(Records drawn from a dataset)
○ ○ ○ ○

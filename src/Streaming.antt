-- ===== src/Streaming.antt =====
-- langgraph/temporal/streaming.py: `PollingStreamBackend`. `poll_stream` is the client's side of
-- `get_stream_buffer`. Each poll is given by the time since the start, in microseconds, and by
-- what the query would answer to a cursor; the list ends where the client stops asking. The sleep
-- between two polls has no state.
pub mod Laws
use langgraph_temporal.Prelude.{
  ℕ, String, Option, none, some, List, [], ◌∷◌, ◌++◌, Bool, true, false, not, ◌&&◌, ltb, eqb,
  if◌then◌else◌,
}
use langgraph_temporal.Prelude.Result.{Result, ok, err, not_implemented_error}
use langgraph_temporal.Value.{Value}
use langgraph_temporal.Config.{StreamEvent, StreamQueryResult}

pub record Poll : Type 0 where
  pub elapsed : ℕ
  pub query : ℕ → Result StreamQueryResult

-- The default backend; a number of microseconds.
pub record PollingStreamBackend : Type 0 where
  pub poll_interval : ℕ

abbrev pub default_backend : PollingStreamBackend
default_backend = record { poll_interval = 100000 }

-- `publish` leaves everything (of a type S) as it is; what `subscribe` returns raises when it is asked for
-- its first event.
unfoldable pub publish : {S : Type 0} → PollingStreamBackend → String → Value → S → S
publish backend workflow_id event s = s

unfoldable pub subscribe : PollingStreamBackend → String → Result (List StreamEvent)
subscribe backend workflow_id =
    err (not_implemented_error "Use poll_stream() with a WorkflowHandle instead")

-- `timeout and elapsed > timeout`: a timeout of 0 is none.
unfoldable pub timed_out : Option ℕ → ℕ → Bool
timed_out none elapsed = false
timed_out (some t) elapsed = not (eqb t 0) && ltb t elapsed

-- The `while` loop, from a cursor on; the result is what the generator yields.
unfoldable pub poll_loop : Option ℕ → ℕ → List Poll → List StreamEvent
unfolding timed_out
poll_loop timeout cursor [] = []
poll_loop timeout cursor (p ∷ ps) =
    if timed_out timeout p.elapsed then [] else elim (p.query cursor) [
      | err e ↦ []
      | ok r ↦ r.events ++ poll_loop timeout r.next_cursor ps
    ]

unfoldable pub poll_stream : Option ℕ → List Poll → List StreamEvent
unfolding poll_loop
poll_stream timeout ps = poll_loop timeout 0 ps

○ ○ ○ ○

Extract the full set of entries word for word.

filename src/Streaming.antt
-- ===== src/Streaming.antt =====
-- langgraph/temporal/streaming.py: `PollingStreamBackend`. `poll_stream` is the client's side of
-- `get_stream_buffer`. Each poll is given by the time since the start, in microseconds, and by
-- what the query would answer to a cursor; the list ends where the client stops asking. The sleep
-- between two polls has no state.
pub mod Laws
use langgraph_temporal.Prelude.{
  ℕ, String, Option, none, some, List, [], ◌∷◌, ◌++◌, Bool, true, false, not, ◌&&◌, ltb, eqb,
  if◌then◌else◌,
}
use langgraph_temporal.Prelude.Result.{Result, ok, err, not_implemented_error}
use langgraph_temporal.Value.{Value}
use langgraph_temporal.Config.{StreamEvent, StreamQueryResult}

pub record Poll : Type 0 where
  pub elapsed : ℕ
  pub query : ℕ → Result StreamQueryResult

-- The default backend; a number of microseconds.
pub record PollingStreamBackend : Type 0 where
  pub poll_interval : ℕ

abbrev pub default_backend : PollingStreamBackend
default_backend = record { poll_interval = 100000 }

-- `publish` leaves everything (of a type S) as it is; what `subscribe` returns raises when it is asked for
-- its first event.
unfoldable pub publish : {S : Type 0} → PollingStreamBackend → String → Value → S → S
publish backend workflow_id event s = s

unfoldable pub subscribe : PollingStreamBackend → String → Result (List StreamEvent)
subscribe backend workflow_id =
    err (not_implemented_error "Use poll_stream() with a WorkflowHandle instead")

-- `timeout and elapsed > timeout`: a timeout of 0 is none.
unfoldable pub timed_out : Option ℕ → ℕ → Bool
timed_out none elapsed = false
timed_out (some t) elapsed = not (eqb t 0) && ltb t elapsed

-- The `while` loop, from a cursor on; the result is what the generator yields.
unfoldable pub poll_loop : Option ℕ → ℕ → List Poll → List StreamEvent
unfolding timed_out
poll_loop timeout cursor [] = []
poll_loop timeout cursor (p ∷ ps) =
    if timed_out timeout p.elapsed then [] else elim (p.query cursor) [
      | err e ↦ []
      | ok r ↦ r.events ++ poll_loop timeout r.next_cursor ps
    ]

unfoldable pub poll_stream : Option ℕ → List Poll → List StreamEvent
unfolding poll_loop
poll_stream timeout ps = poll_loop timeout 0 ps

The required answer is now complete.